We also commit with the broader community on social media by fostering diversity and inclusion. We trust that these communications help to create a more inclusive environment.
Conflict of interest
A Director has a duty to avoid a situation in which they have, or may have, a direct or indirect interest that conflicts or may conflict with the interests of the Company.
Formal procedures are in place to ensure that the Board’s powers of authorisation of conflicts or potential conflicts of interest of Directors are operated effectively. The Board is satisfied that during 2022 these procedures were enforced and adhered to appropriately.
Appointment and tenure
All Executive Directors have service agreements with the Company. All Non-Executive Directors have letters of appointment with the Company.
For all Executive Directors engaged through service agreements, there is no term limit on their services, as the Company proposes all Executive Directors for annual reelection at each subsequent Annual General Meeting of the Company.
Each Non-Executive Director appointment is for an initial term of three years, subject to being re-elected at each subsequent Annual General Meeting.
Bribery, corruption and Whistle-blowing
Bribery and corruption are significant risks in the oil and gas industry and, as such, the Company operates a Group-wide Anti- Corruption and Bribery Policy, which applies to all Group employees and contractor staff. The policy requires: annual bribery and corruption risk assessments; risk-based due diligence on all parties with whom the Company does business; appropriate anti-bribery and corruption clauses in contracts; and the training of personnel in anti-bribery and corruption measures.

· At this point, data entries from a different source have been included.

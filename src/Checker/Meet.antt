-- ===== src/Checker/Meet.antt =====
-- The lattice of abstract values and the meet of two states (src/checker.rs, `meet`, `merge_map`).
use regalloc2_orig.Prelude.{
  ◌≡◌, sym, refl, true, ◌∙◌, ap, if◌then◌else◌, List, [], ◌∷◌, Option, none, some, arith,
  Bool-cases, inl, inr,
}
use regalloc2_orig.Alloc
use regalloc2_orig.Alloc.{Allocation}
use regalloc2_orig.Checker.Value.{CheckerValue, unknown, conflicted, reg, meet}
use regalloc2_orig.Checker.State.{CheckerState, get, insert, value, merge_map, meet_with}

meet_comm : (a b : CheckerValue) → meet a b ≡ meet b a
unfolding meet
meet_comm a b = ground arith

meet_assoc : (a b c : CheckerValue) → meet a (meet b c) ≡ meet (meet a b) c
unfolding meet
meet_assoc unknown b c = refl
meet_assoc conflicted unknown c = refl
meet_assoc conflicted conflicted c = ground arith
meet_assoc conflicted (reg r b) c = ground arith
meet_assoc (reg r b) unknown c = refl
meet_assoc (reg r b) conflicted c = ground arith
meet_assoc (reg r b) (reg s d) unknown = ground arith
meet_assoc (reg r b) (reg s d) conflicted = ground arith
meet_assoc (reg r b) (reg s d) (reg t e) = ground arith

-- `meet` is the meet of a semilattice: commutative, associative and idempotent. `Unknown` is its
-- top, and `Conflicted` its bottom.
pub meet_semilattice :
    (a b c : CheckerValue)
    → (meet a b ≡ meet b a)
      × (meet a (meet b c) ≡ meet (meet a b) c)
      × (meet a a ≡ a)
      × (meet unknown a ≡ a)
      × (meet conflicted a ≡ conflicted)
unfolding meet
meet_semilattice a b c = (meet_comm a b, meet_assoc a b c, ground arith, ground arith, ground arith)

-- Each key has one entry.
abbrev pub DistinctKeys : List (Allocation × CheckerValue) → Type 0
DistinctKeys [] = Unit
DistinctKeys ((k, v) ∷ kvs) = (get k kvs ≡ none) × DistinctKeys kvs

pub get-insert :
    (a b : Allocation) (v : CheckerValue) (m : List (Allocation × CheckerValue))
    → get b (insert a v m) ≡ (if Alloc.eq a b then some v else get b m)
unfolding get insert
get-insert a b v [] = refl
get-insert a b v ((k, w) ∷ m) = ground (arith, get-insert a b v m)

pub DistinctKeys-insert :
    (a : Allocation) (v : CheckerValue) (m : List (Allocation × CheckerValue))
    → DistinctKeys m
    → DistinctKeys (insert a v m)
unfolding get insert
DistinctKeys-insert a v [] d = (refl, tt)
DistinctKeys-insert a v ((k, w) ∷ m) d = elim (Bool-cases (Alloc.eq k a)) [
  | inl e ↦ rw e (ground (arith, d.0), d.1)
  | inr e ↦ rw e (ground (arith, get-insert a k v m, d.0), DistinctKeys-insert a v m d.1)
]

meet-unknown : (a : CheckerValue) → meet a unknown ≡ a
unfolding meet
meet-unknown a = ground arith

eq_of_eq : (a b : Allocation) → Alloc.eq a b ≡ true → a ≡ b
eq_of_eq a b h = ground arith

-- The value that an entry, or its absence, stands for.
abbrev or_unknown : Option CheckerValue → CheckerValue
or_unknown none = unknown
or_unknown (some v) = v

value-eq-or_unknown :
    (st : CheckerState) (a : Allocation) → value st a ≡ or_unknown (get a st.allocations)
unfolding value
value-eq-or_unknown st a = ground arith

merge_map_lem :
    (into from : List (Allocation × CheckerValue)) (b : Allocation)
    → DistinctKeys from
    → or_unknown (get b (merge_map into from))
      ≡ meet (or_unknown (get b into)) (or_unknown (get b from))
unfolding merge_map
merge_map_lem into [] b d = sym (meet-unknown (or_unknown (get b into)))
merge_map_lem into ((k, v) ∷ from) b d =
    let merged = meet (or_unknown (get k into)) v in
    merge_map_lem (insert k merged into) from b d.1 ∙ (elim (Bool-cases (Alloc.eq k b)) [
      | inl e ↦
          let same : k ≡ b = eq_of_eq k b e in
          let absent : get b from ≡ none = ap (λ (x : Allocation). get x from) (sym same) ∙ d.0 in
          rw (get-insert k b merged into, e, absent, meet-unknown merged)
            (ap (λ (x : Allocation). meet (or_unknown (get x into)) v) same)
      | inr e ↦ rw (get-insert k b merged into, e) refl
    ])

DistinctKeys-merge_map :
    (into from : List (Allocation × CheckerValue))
    → DistinctKeys into
    → DistinctKeys (merge_map into from)
unfolding merge_map
DistinctKeys-merge_map into [] d = d
DistinctKeys-merge_map into ((k, v) ∷ from) d =
    DistinctKeys-merge_map (insert k (meet (or_unknown (get k into)) v) into) from
      (DistinctKeys-insert k (meet (or_unknown (get k into)) v) into d)

-- Joining two states whose maps have one entry for each key gives every allocation the meet of the
-- values that it has in the two, where an allocation with no entry has the value `Unknown`; and
-- the map that results has one entry for each key.
pub value-meet_with :
    (st other : CheckerState)
    → DistinctKeys st.allocations
    → DistinctKeys other.allocations
    → ((a : Allocation) → value (meet_with st other) a ≡ meet (value st a) (value other a))
      × DistinctKeys (meet_with st other).allocations
unfolding meet_with
value-meet_with st other ds d = (
  λ a.
      rw
        (
          value-eq-or_unknown (record { allocations = merge_map st.allocations other.allocations })
              a,
          value-eq-or_unknown st a,
          value-eq-or_unknown other a,
        )
        (merge_map_lem st.allocations other.allocations a d),
  DistinctKeys-merge_map st.allocations other.allocations ds,
)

In addition, the Company’s Code of Conduct requires that employees or others working on behalf of the Company do not engage in bribery or corruption in any form. Corruption-related risks are evaluated on a Group-wide basis (not in respect of divisions). No confirmed corruption cases were identified in 2022.
Steps were taken in relation to training on anti-corruption policies in 2022. The Company has also adopted a Whistleblowing Policy that takes account of the Whistleblowing Arrangements Code of Practice issued by the British Standards Institute and Public Concern at Work. Further information can be found on page 66. One whistleblowing activity was reported in 2022 and was resolved to the satisfaction of the Audit Committee. Clarificatory changes were made to the Code of Conduct on 31 March 2022, to the Whistleblowing Policy on 13 July 2022 and to the Anti- Corruption and Bribery Policy on 20 October 2022. A new Political Involvement Policy was adopted on 20 October 2022.
Anti-facilitation of tax evasion
Further to the new rules under the Criminal Finances Act 2017 (CFA) in the UK, in 2018 the Board approved a new Anti-Facilitation of Tax Evasion Policy applicable to the Group and its associated persons. In connection with the preparation of this policy, the Company commissioned an independent bespoke risk assessment and incorporated findings from the assessment into the policy. Training on the anti-facilitation of tax evasion policy was undertaken in 2022.